He places a rough kiss on my lips, and I force my mouth to numbly kiss him back. When he finishes, he pulls back and looks me in the eye.
“Don’t ever fucking use my name in that,” he says, his tone carrying a warning. “You can write about me fucking you all you want, but don’t ever write my name.”
I nod, fear pulsating through me.
Why does it feel like he knows the truth?
No, I have to be being paranoid again.
But what if I’m not?
What if he knows?
He’ll probably kill me.
20
AVA
My skin burns where the cuffs were put on me, even after they’re removed. I almost had a meltdown when the officer slapped them on me, but I managed to breathe through it, although my inhales and exhales were erratic. The officer looked at me like I was spun out and losing my mind. I loathed it—getting stared at like that, because it’s how I’ve been looked at for most of my life.
It made me question everything, and that feeling of spiraling returned. I just about broke, but I didn’t, and that’s what I’m latching onto as I sit behind these bars. The air is heavy with the foul stench of sweat and booze, even though no one else is in the cell with me. I’m unsure where Camilla is, or if she was even brought to jail. They’d arrested her, but after what she’d told me, I wonder if she was released. This was all pretty much a setup, and now I’m going to have drug possession charges against me, even though I wasn’t in possession of any. I’m waiting to call someone to bail me out, but I’m unsure who to call. Clara? Ellis? Where did Ellis even end up?
And what about everything Camilla told me? Was it all a façade? The fact that I’m behind bars right now should have me convinced every word she uttered was a razor of lies. However, Isaw her face, and in her eyes, I saw fear, regret, and anger. It was real. And she said it was. She said she found a way to tell me the truth. But why? Why would she do that?

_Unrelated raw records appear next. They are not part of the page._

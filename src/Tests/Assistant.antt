-- ===== src/Tests/Assistant.antt =====
-- Runs of pkg/assistant/assistant.go and pkg/tool/tool.go.
use mathlib.Core.List.Memᴰ
use mathlib.Core.List.{Memᴰ}
use skylark.Base.{
  refl, ok, err, [], ◌≡◌, ◌↔◌, ◌∷◌, ◌++◌, zero, suc, Bool, true, false, Option, none, some, List,
  is_ok, List_eq, ℕ_eq,
}
use skylark.Base.Int.{pos}
use skylark.Base.Dict.{Dict, lookup, insert}
use skylark.Text.{Text, bytes, newline}
use skylark.Text.Trim.{trim_space, trim_left, trim_right, width, is_blank}
use skylark.Provider.Interface.{Response, FunctionCall}
use skylark.Provider.Registry.{Registry, Factory, create_for_model, parse_model_spec}
use skylark.Sandbox.{Sandbox, execute, runs, extend_env}
use skylark.Tool.{
  members_into, EnvVar, Json, string, object, array, item, no_items, field, no_fields, null, Schema,
  validate_input, missing_field,
}
use skylark.Tool.Validate.{Accepts, validate_input-Accepts}
use skylark.Tool.Run.{ToolProcess, stuck, run_tool, run_env, tool_env}
use skylark.Tool.Manager.{World, load_tool}
use skylark.Assistant.{Assistant, FrontMatter, load_assistant, parse_tool_usage}
use skylark.Assistant.Process.{Surroundings, Answers, Session, process}
use skylark.Assistant.Process.Checked.{AllChecked, process-AllChecked}
use skylark.Assistant.Process.Answered.{IsAnswer, process-IsAnswer}

abbrev units : EnvVar
units = record { kind = []; description = []; default_value = some (string (bytes "C")) }

-- The tool wants a city, and reads a variable.
abbrev weather : Schema
weather = record {
  description = [];
  parameters =
      (bytes "type", string (bytes "object"))
      ∷ (bytes "properties", object (field (bytes "city") null no_fields))
      ∷ (bytes "required", array (item (string (bytes "city")) no_items))
      ∷ [];
  env = (bytes "UNITS", units) ∷ [];
}

-- A text is an object whose one field it names, and all texts are JSON.
abbrev one_field : Text → Option Json
one_field t = some (object (field t null no_fields))

field_missing : validate_input one_field weather (bytes "town") ≡ err (missing_field (bytes "city"))
unfolding validate_input lookup members_into insert
field_missing = refl

-- `null` is taken for an object where no field is required.
null_accepted :
    is_ok (
      validate_input
        (λ t. some null)
        (record {
          description = [];
          parameters =
              (bytes "type", string (bytes "object")) ∷ (bytes "properties", object no_fields) ∷ [];
          env = [];
        })
        (bytes "null"))
    ≡ true
unfolding validate_input lookup
null_accepted = refl

validate_input-Accepts_example :
    (is_ok (validate_input one_field weather (bytes "city")) ≡ true)
    ↔ Accepts one_field weather (bytes "city")
validate_input-Accepts_example = validate_input-Accepts one_field weather (bytes "city")

abbrev string_text : Json → Text
string_text (string s) = s
string_text j = []

abbrev environment : Dict Text Text
environment =
    (bytes "PATH", bytes "/bin") ∷ (bytes "HOME", bytes "/root") ∷ (bytes "SECRET", bytes "x") ∷ []

abbrev sandbox : List Text → Sandbox
sandbox whitelist = record {
  max_cpu_time = 30;
  env_whitelist = whitelist;
  tool_version = [];
  cache_enabled = false;
}

-- Without a whitelist a tool sees PATH and the default of its variable.
default_units :
    (run_env string_text weather [] environment (sandbox [])).0
    ≡ bytes "PATH=/bin" ∷ bytes "UNITS=C" ∷ []
unfolding extend_env tool_env lookup
default_units = refl

-- A tool says that it is sunny.
abbrev sunny : Text → List Text → Text → ToolProcess
sunny name env input = record { command = runs 1 true; output = some (bytes "sunny") }

abbrev world : World
world = record {
  has_source = λ name. true;
  build = λ name. ok tt;
  usage = λ name. ok (some weather);
  health = λ name. ok (some (true, []));
}

abbrev surroundings : Surroundings Bool
surroundings = record {
  world = world;
  now = 1;
  base = bytes "tools";
  parse = one_field;
  is_json = λ t. true;
  indent = λ t. none;
  format = string_text;
  room = 8;
  behaves = sunny;
  environment = environment;
  temperature = true;
}

-- An input that a pipe does not hold is never read.
long_input_is_stuck :
    (run_tool string_text 8 (sunny []) weather (bytes "123456789") [] environment (sandbox [])).0
    ≡ err stuck
unfolding run_tool
long_input_is_stuck = refl

abbrev reply : Text → List FunctionCall → Response
reply content calls = record {
  content = content;
  usage = record { prompt = pos 0; completion = pos 0; total = pos 0 };
  error = none;
  tool_calls = calls;
}

-- The first reply calls the tool, the second is the answer.
abbrev model : Answers Bool
model zero prompt options =
    ok (reply [] (record { id = []; name = bytes "weather"; arguments = bytes "city" } ∷ []))
model (suc n) prompt options = ok (reply (bytes "It is sunny.") [])

abbrev made : Factory (Answers Bool)
made name = ok model

abbrev registry : Registry (Answers Bool)
registry = (bytes "openai", made) ∷ []

abbrev helper : Assistant
helper = record {
  name = bytes "helper";
  description = [];
  model = bytes "openai:gpt-4";
  tools = bytes "weather" ∷ [];
  prompt = bytes "Help.";
}

abbrev fresh : Session
fresh = record { manager = []; sandbox = sandbox []; runs = [] }

answered :
    (process surroundings registry (bytes "openai") helper (bytes "How is it?") fresh).0
    ≡ ok (bytes "It is sunny.")
unfolding process create_for_model lookup insert parse_tool_usage parse_model_spec load_tool
    validate_input run_tool execute
answered = refl

process-AllChecked_example :
    AllChecked surroundings
      (process surroundings registry (bytes "openai") helper (bytes "use weather city") fresh).1
process-AllChecked_example =
    process-AllChecked surroundings registry (bytes "openai") helper (bytes "use weather city")
      fresh (λ run m. absurd (Memᴰ.not-nil m))

process-IsAnswer_example :
    (p : Answers Bool) × (create_for_model (Answers Bool) registry helper.model (bytes "openai")
      ≡ ok p)
    × IsAnswer surroundings helper p (bytes "It is sunny.")
process-IsAnswer_example =
    process-IsAnswer surroundings helper registry (bytes "openai") (bytes "How is it?") fresh
      (bytes "It is sunny.") answered

-- What stands behind a line `---` of a prompt is lost.
abbrev anything : Text → Option FrontMatter
anything t = some (record { name = none; description = []; model = t; tools = [] })

prompt_is_cut :
    load_assistant anything (bytes "helper") (
      some (
        bytes "---"
        ++ (newline ∷ bytes "m")
        ++ bytes "---"
        ++ (newline ∷ bytes "First.")
        ++ (newline ∷ bytes "---")
        ++ (newline ∷ bytes "Second.")))
    ≡ ok (record {
      name = bytes "helper";
      description = [];
      model = bytes "m";
      tools = [];
      prompt = bytes "First.";
    })
unfolding load_assistant trim_space trim_right trim_left width is_blank
prompt_is_cut = refl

I’m not certain. What I am certain of, though, is that if she was telling the truth, then that means my father dated her, and that he’s part of what happened in the woods.
God, what if that’s true…
My mind wanders back to the day I met Ellis in the café. The waitress working there was a girl I knew from high school. Her name is Tess, and she’d acted as if my father’s death was a good thing.
“Well, I wonder if she’ll be okay with people coming and saying their two cents about what a piece of shit your father was.”
She said those words to me after I’d told her about how my mother was having a memorial for my father. If I get out of here, perhaps I can talk to her about that. Maybe that’ll help me gather more evidence to prove what my father was involved in.
Camilla had used the word "hunted."
Is this group hunting people?
Was my father hunting people?
I run through the branches and trees as they shout my name.
Not they. Trystan. My cousin.
“Ava!” he shouts. “You can’t get away from this. It’s part of you!”
I keep running all the way to my house where my parents are waiting. Neither one of them looked surprised by my frantic state, as if they already expected me to arrive this way.
My stomach churns as I sit on the cold bench with my back against the wall. I try to latch on to every detail of the memories that are filling my mind. These aren’t forgotten memories, though. I’ve always been able to recall how calm my father wasthat day as he sat at the table with his phone in his hand, dazing off in deep thought. I had, and have always, assumed that it was my father being his cold, uncaring self. What if it was deeper than that? Like he knew I was coming because Trystan told him?
Then what? He headed out to the woods, and that’s where he met Camilla?
It could be possible. For days after I escaped the woods, my mother kept me locked in the basement, so I don’t know if my father was home or not.
I lower my head into my hands and massage my temples. I need to get out of here. I need to figure this out before something else awful happens.
Sucking in a breath via my nose, I push to my feet and approach the bars. The Star Meadows police station is small enough that the soft chatter of voices flows from the desk stations and back to the cell. Not that anyone is visible. But I know officers are around. I think I’m being ignored.